Wladimir Tendrjakow - Anschlag auf Visionen. (1979-1982)
"Was wäre aus der Menschheitskultur geworden, wenn Jesus vor der Bergpredigt umgekommen wäre? Könnten die Ideale der Bergpredigt real verwirklicht werden? Und was müßte Campanellas Kasernenkommunismus zeitigen, wäre er zur materiellen Gewalt geworden? »Anschlag auf Visionen« macht weltgeschichtliche Tragödien durchschaubar. Und die kritische Analyse der »verlorenen Illusionen« führt zu der Einsicht: Selbst die allerbesten idealistischen Absichten können sich in ihr Gegenteil verkehren und müssen es letztlich auch, wenn die entwickelten sozialhistorischen Strukturen »nur ökonomisch« sind und nicht zugleich das Menschliche, Sittliche freisetzen. Und ebenso müssen alle Sittenlehren scheitern, wenn sie nicht auf die Freisetzung der historisch heranreifenden neuen sozialen Strukturen gerichtet sind." ...
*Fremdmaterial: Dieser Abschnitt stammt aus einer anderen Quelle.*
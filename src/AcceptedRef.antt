-- ===== src/AcceptedRef.antt =====
-- The accepted-ref record and its binding to one repository: rust/src/accepted_ref.rs, lines 1 to
-- 178 and 595 to 609. The two transition functions of that file are in the modules Startup and
-- Reload; the proofs about records are in Canonical and Identity.
pub mod Startup
pub mod Reload
pub mod Records
pub mod Authority
pub mod Forward
pub mod Canonical
pub mod Identity
use pkgre.Prelude.{
  ℕ, ◌/◌, ◌%◌, ◌^◌, [], ◌∷◌, ◌++◌, Bool, true, false, not, Option, ◌&&◌, ◌||◌, Bytes, codes, length,
  all, any, beq, leb, ltb, ◌==◌, Result, ok, ensure, ok_or, ◌>>=◌, ◌>>◌,
}

-- The messages of the file's errors.
pub data Error : Type 0 where
  unsupported_schema malformed_commit invalid_full_ref malformed_identity : Error
  identity_mismatch full_ref_mismatch : Error
  origin_too_large ref_too_large : Error
  malformed_json serialization_failure not_canonical : Error
  bootstrap_not_applicable record_required accepted_not_applicable : Error
  inconsistent_ancestry validity_not_evaluated persistence_not_attempted : Error

abbrev pub accepted_ref_schema : Bytes
accepted_ref_schema = codes "pkgre-accepted-ref-v1"

-- The domain ends with a NUL byte.
abbrev pub identity_domain : Bytes
identity_domain = codes "pkgre-repository-identity-v1" ++ 0 ∷ []

pub record AcceptedRef : Type 0 where
  pub accepted_commit : Bytes
  pub full_ref : Bytes
  pub repository_identity : Bytes
  pub schema : Bytes

pub record RepositoryConfig : Type 0 where
  pub full_ref : Bytes
  pub repository_identity : Bytes

-- `u8::is_ascii_digit`, or a byte of `a..=f`.
unfoldable pub is_lower_hex : ℕ → Bool
is_lower_hex byte = (leb b'0' byte && leb byte b'9') || (leb b'a' byte && leb byte b'f')

unfoldable pub valid_hex : Bytes → ℕ → Bool
valid_hex value bytes = length value == bytes && all is_lower_hex value

unfoldable pub starts_with : Bytes → Bytes → Bool
starts_with [] value = true
starts_with (c ∷ prefix) [] = false
starts_with (c ∷ prefix) (d ∷ value) = c == d && starts_with prefix value

-- `u8::is_ascii_whitespace`: space, tab, line feed, form feed and carriage return.
unfoldable pub is_ascii_whitespace : ℕ → Bool
is_ascii_whitespace byte = byte == 32 || byte == 9 || byte == 10 || byte == 12 || byte == 13

-- `u8::is_ascii_control`.
unfoldable pub is_ascii_control : ℕ → Bool
is_ascii_control byte = ltb byte 32 || byte == 127

unfoldable pub is_ascii : Bytes → Bool
is_ascii value = all (λ byte. ltb byte 128) value

unfoldable pub valid_full_ref : Bytes → Bool
unfolding starts_with is_ascii
valid_full_ref value =
    starts_with (codes "refs/") value
    && ltb (length (codes "refs/")) (length value)
    && is_ascii value
    && not (any (λ byte. is_ascii_whitespace byte || is_ascii_control byte) value)

-- `AcceptedRef::validate`.
unfoldable pub validate : AcceptedRef → Result Error (Unit {0})
validate record' = do
  ensure (beq record'.schema accepted_ref_schema) unsupported_schema
  ensure (valid_hex record'.accepted_commit 40) malformed_commit
  ensure (valid_full_ref record'.full_ref) invalid_full_ref
  ensure (valid_hex record'.repository_identity 64) malformed_identity

-- `AcceptedRef::new`.
unfoldable pub new : Bytes → Bytes → Bytes → Result Error AcceptedRef
new commit full_ref identity = do
  let record' : AcceptedRef = record {
    accepted_commit = commit;
    full_ref = full_ref;
    repository_identity = identity;
    schema = accepted_ref_schema;
  }
  validate record'
  ok record'

-- `RepositoryConfig::new`.
unfoldable pub new_config : Bytes → Bytes → Result Error RepositoryConfig
new_config full_ref identity = do
  ensure (valid_full_ref full_ref) invalid_full_ref
  ensure (valid_hex identity 64) malformed_identity
  ok (record { full_ref = full_ref; repository_identity = identity })

-- `RepositoryConfig::validate_record`.
unfoldable pub validate_record : RepositoryConfig → AcceptedRef → Result Error (Unit {0})
validate_record config record' = do
  validate record'
  ensure (beq record'.repository_identity config.repository_identity) identity_mismatch
  ensure (beq record'.full_ref config.full_ref) full_ref_mismatch

-- `u32::to_be_bytes`.
unfoldable pub to_be_bytes : ℕ → Bytes
to_be_bytes n = n / 2 ^ 24 % 256 ∷ n / 2 ^ 16 % 256 ∷ n / 2 ^ 8 % 256 ∷ n % 256 ∷ []

-- What `derive_repository_identity` feeds to the digest, in order.
unfoldable pub identity_frame : Bytes → Bytes → Bytes
identity_frame origin full_ref =
    identity_domain
    ++ (to_be_bytes (length origin) ++ (origin ++ (to_be_bytes (length full_ref) ++ full_ref)))

module _ (hex_sha256 : Bytes → Bytes) where
  -- `u32::try_from` refuses a length of 2^32 or more.
  unfoldable pub derive_repository_identity : Bytes → Bytes → Result Error Bytes
  derive_repository_identity origin full_ref = do
    ensure (ltb (length origin) (2 ^ 32)) origin_too_large
    ensure (ltb (length full_ref) (2 ^ 32)) ref_too_large
    ok (hex_sha256 (identity_frame origin full_ref))

-- `serde_json` on accepted-ref records: `to_vec_pretty` and `from_slice`.
pub record Json : Type 0 where
  pub to_vec_pretty : AcceptedRef → Option Bytes
  pub from_slice : Bytes → Option AcceptedRef

module _ (json : Json) where
  unfoldable pub canonical_accepted_ref_bytes : AcceptedRef → RepositoryConfig → Result Error Bytes
  canonical_accepted_ref_bytes record' config = do
    validate_record config record'
    bytes ← ok_or (json.to_vec_pretty record') serialization_failure
    ok (bytes ++ b'\n' ∷ [])

  unfoldable pub parse_accepted_ref : Bytes → RepositoryConfig → Result Error AcceptedRef
  parse_accepted_ref bytes config = do
    record' ← ok_or (json.from_slice bytes) malformed_json
    validate_record config record'
    canonical ← canonical_accepted_ref_bytes record' config
    ensure (beq canonical bytes) not_canonical
    ok record'
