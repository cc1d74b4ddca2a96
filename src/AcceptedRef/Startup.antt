-- ===== src/AcceptedRef/Startup.antt =====
-- `evaluate_startup` of rust/src/accepted_ref.rs: who is the authority when the service starts.
use pkgre.Prelude.{
  Bytes, Bool, true, false, Option, none, some, Result, ok, err, is_ok, beq, if◌then◌else◌,
}
use pkgre.AcceptedRef.{
  Error, bootstrap_not_applicable, record_required, accepted_not_applicable, AcceptedRef,
  RepositoryConfig, valid_hex, validate,
}

pub data AcceptedRecordState : Type 0 where
  absent malformed present : AcceptedRecordState

pub data ObjectState : Type 0 where
  corrupt malformed missing not_applicable valid : ObjectState

pub record StartupInput : Type 0 where
  pub accepted_record : Option AcceptedRef
  pub accepted_record_state : AcceptedRecordState
  pub bootstrap_commit : Bytes
  pub bootstrap_object : ObjectState
  pub local_accepted_object : ObjectState

pub data TransitionDecision : Type 0 where
  accept_forward bootstrap fail_startup retain_accepted start_accepted unchanged :
      TransitionDecision

pub data TransitionReason : Type 0 where
  accepted_object_invalid accepted_object_unavailable accepted_record_absent : TransitionReason
  accepted_record_authority accepted_record_malformed bootstrap_object_invalid : TransitionReason
  bootstrap_object_unavailable candidate_ancestry_unknown : TransitionReason
  candidate_commit_malformed candidate_equals_accepted candidate_not_descendant : TransitionReason
  candidate_object_unavailable durable_persistence_failed full_ref_mismatch : TransitionReason
  rejected_hash_suppressed remote_unavailable repository_identity_mismatch : TransitionReason
  semantic_validation_failed valid_forward_candidate : TransitionReason

pub record TransitionOutcome : Type 0 where
  pub accepted_commit : Option Bytes
  pub active_commit : Option Bytes
  pub candidate_load : Option Bool
  pub decision : TransitionDecision
  pub persist_record : Bool
  pub reason : TransitionReason

unfoldable pub startup_outcome :
    TransitionDecision → TransitionReason → Option Bytes → Option Bytes → Bool → TransitionOutcome
startup_outcome decision reason accepted_commit active_commit persist_record = record {
  accepted_commit = accepted_commit;
  active_commit = active_commit;
  candidate_load = none;
  decision = decision;
  persist_record = persist_record;
  reason = reason;
}

abbrev pub failure : TransitionReason → Option Bytes → Result Error TransitionOutcome
unfolding startup_outcome
failure reason accepted_commit =
    ok (startup_outcome TransitionDecision.fail_startup reason accepted_commit none false)

-- The arm for an absent record: a valid object whose name is no commit name falls through to the
-- arm of the invalid ones.
unfoldable pub startup_absent : Bytes → ObjectState → Result Error TransitionOutcome
unfolding startup_outcome
startup_absent commit ObjectState.valid =
    if valid_hex commit 40
    then ok (
        startup_outcome TransitionDecision.bootstrap TransitionReason.accepted_record_absent
          (some commit) (some commit) true)
    else failure TransitionReason.bootstrap_object_invalid none
startup_absent commit ObjectState.missing =
    failure TransitionReason.bootstrap_object_unavailable none
startup_absent commit ObjectState.corrupt = failure TransitionReason.bootstrap_object_invalid none
startup_absent commit ObjectState.malformed = failure TransitionReason.bootstrap_object_invalid none
startup_absent commit ObjectState.not_applicable = err bootstrap_not_applicable

-- The last match: the state of the accepted object in the local mirror.
unfoldable pub startup_object : Bytes → ObjectState → Result Error TransitionOutcome
unfolding startup_outcome
startup_object commit ObjectState.valid = ok (
    startup_outcome TransitionDecision.start_accepted TransitionReason.accepted_record_authority
      (some commit) (some commit) false)
startup_object commit ObjectState.missing =
    failure TransitionReason.accepted_object_unavailable (some commit)
startup_object commit ObjectState.corrupt =
    failure TransitionReason.accepted_object_invalid (some commit)
startup_object commit ObjectState.malformed =
    failure TransitionReason.accepted_object_invalid (some commit)
startup_object commit ObjectState.not_applicable = err accepted_not_applicable

-- What follows the first match: the record is claimed to be present.
unfoldable pub startup_present :
    Option AcceptedRef → ObjectState → RepositoryConfig → Result Error TransitionOutcome
unfolding startup_object
startup_present none object config = err record_required
startup_present (some r) object config =
    if is_ok (validate r)
    then if beq r.repository_identity config.repository_identity
      then if beq r.full_ref config.full_ref
        then startup_object r.accepted_commit object
        else failure TransitionReason.full_ref_mismatch none
      else failure TransitionReason.repository_identity_mismatch none
    else failure TransitionReason.accepted_record_malformed none

unfoldable pub startup_dispatch :
    AcceptedRecordState → StartupInput → RepositoryConfig → Result Error TransitionOutcome
unfolding startup_absent startup_present
startup_dispatch AcceptedRecordState.malformed input config =
    failure TransitionReason.accepted_record_malformed none
startup_dispatch AcceptedRecordState.absent input config =
    startup_absent input.bootstrap_commit input.bootstrap_object
startup_dispatch AcceptedRecordState.present input config =
    startup_present input.accepted_record input.local_accepted_object config

unfoldable pub evaluate_startup : StartupInput → RepositoryConfig → Result Error TransitionOutcome
unfolding startup_dispatch
evaluate_startup input config = startup_dispatch input.accepted_record_state input config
... Der "Physiker Grebin und seine Freunde, testen im Moskau der siebziger Jahre (zur Zeit der "Stagnation") die Geschichtsmächtigkeit der Bergpredigt und der Vernunftutopie von Campanellas »Sonnenstaat« in Computerexperimenten" ...
(aus dem Klappentext)
Eine philosophische Aufarbeitung der Breschnew-Ära in der Sowjetunion, die besorgte Suche nach einem Ausweg aus der "Stagnation".
Und auch eine Alternativ-Geschichte!
Aber KEIN Roman, der der Science fiction zuzurechnen ist: auch, weil Tendrjakow kurz vor seinem Tode noch den ursprünglichen abschließenden Teil entfernte, indem er zuletzt anhand eines künstlichen, besiedelten Planeten darstellte, wie die Welt in 50 Jahren (also ca. 2030) bei einer geglückten (vorausgesehenen!) Perestroika aussehen könnte.
Dies tat der drängenden Wirkung des Romans, etwas am auch sittlich verfallenden Sowjet-Sozialismus ändern zu müssen, nur gut.
Auch möglich: Vielleicht hatte Tendrjakow spätestens 1984 jeglichen Glauben an die Reformierbarkeit und Zukunftsfähigkeit des Sowjetsystems jeglicher Gestalt verloren ...
Der Roman erschien erst posthum 1987 in der UdSSR, und 1989 - ganz zum Schluss - auch in der DDR.